Go through the listing and return every line with "unfolding" in it.

• SUPPLIED RECORDS
◆ ◆ ◆
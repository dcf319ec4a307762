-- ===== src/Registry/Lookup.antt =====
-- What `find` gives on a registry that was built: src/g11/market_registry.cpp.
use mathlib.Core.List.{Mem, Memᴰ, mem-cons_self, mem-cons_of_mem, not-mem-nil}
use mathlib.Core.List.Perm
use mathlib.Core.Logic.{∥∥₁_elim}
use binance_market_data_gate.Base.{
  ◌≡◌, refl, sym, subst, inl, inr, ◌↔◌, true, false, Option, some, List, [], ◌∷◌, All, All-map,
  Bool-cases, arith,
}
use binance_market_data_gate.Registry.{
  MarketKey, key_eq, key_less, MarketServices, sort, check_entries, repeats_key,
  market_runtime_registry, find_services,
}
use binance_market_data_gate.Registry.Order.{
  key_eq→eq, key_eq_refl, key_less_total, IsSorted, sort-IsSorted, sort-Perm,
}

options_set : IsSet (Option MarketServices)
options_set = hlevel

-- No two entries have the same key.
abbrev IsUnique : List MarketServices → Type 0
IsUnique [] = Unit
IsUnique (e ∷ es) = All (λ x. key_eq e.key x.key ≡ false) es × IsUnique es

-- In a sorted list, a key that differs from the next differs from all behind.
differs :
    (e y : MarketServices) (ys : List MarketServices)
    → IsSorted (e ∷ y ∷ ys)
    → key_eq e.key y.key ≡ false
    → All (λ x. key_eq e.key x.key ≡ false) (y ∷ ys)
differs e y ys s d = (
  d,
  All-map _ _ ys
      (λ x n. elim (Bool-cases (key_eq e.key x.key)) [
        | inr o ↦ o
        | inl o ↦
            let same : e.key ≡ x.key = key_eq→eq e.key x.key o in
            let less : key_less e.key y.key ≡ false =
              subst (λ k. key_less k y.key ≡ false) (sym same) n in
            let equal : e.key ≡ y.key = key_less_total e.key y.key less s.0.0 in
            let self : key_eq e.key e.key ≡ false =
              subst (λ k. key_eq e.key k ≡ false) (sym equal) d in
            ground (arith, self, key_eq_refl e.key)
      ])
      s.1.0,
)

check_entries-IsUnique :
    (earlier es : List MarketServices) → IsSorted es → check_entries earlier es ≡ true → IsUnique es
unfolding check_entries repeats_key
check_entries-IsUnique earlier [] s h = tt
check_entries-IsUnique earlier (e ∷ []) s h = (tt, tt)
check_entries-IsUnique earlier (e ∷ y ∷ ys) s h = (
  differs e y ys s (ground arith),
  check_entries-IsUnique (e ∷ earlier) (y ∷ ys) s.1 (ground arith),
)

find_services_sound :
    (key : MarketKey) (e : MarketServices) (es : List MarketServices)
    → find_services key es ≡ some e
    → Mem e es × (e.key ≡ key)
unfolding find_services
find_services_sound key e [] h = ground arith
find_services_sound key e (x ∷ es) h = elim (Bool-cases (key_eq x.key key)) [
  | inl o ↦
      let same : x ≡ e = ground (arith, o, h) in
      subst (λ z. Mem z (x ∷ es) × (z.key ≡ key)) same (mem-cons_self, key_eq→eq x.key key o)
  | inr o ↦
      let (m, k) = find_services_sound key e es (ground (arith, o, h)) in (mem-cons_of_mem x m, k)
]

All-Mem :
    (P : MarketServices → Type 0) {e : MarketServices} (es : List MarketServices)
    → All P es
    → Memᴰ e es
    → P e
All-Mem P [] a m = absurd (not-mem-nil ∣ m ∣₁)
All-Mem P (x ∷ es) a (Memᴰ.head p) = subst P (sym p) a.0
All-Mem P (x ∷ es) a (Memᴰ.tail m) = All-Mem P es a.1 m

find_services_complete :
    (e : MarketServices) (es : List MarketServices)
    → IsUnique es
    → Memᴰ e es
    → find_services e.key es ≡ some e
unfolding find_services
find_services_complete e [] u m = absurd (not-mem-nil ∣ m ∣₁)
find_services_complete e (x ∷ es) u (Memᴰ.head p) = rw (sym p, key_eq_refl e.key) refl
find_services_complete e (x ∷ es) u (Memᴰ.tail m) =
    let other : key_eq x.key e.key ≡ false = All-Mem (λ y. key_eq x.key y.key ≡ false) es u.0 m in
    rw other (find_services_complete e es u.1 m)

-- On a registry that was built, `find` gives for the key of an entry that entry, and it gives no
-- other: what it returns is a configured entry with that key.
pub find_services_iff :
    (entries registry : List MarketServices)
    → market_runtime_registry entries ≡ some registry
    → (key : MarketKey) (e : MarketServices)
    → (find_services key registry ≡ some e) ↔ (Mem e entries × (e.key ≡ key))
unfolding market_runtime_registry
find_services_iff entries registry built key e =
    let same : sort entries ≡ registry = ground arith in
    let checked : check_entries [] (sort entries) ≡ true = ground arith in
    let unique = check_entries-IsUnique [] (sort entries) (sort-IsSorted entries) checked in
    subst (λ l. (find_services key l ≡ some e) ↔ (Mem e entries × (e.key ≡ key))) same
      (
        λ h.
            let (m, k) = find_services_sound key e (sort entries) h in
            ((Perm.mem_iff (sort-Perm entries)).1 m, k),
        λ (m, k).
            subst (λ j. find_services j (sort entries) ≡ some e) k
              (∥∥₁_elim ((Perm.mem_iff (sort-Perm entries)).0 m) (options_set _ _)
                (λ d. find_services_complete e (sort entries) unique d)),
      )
◆ ◆ ◆
• RESPONSE AREA
unfolding check_entries repeats_key
unfolding find_services
unfolding find_services
unfolding market_runtime_registry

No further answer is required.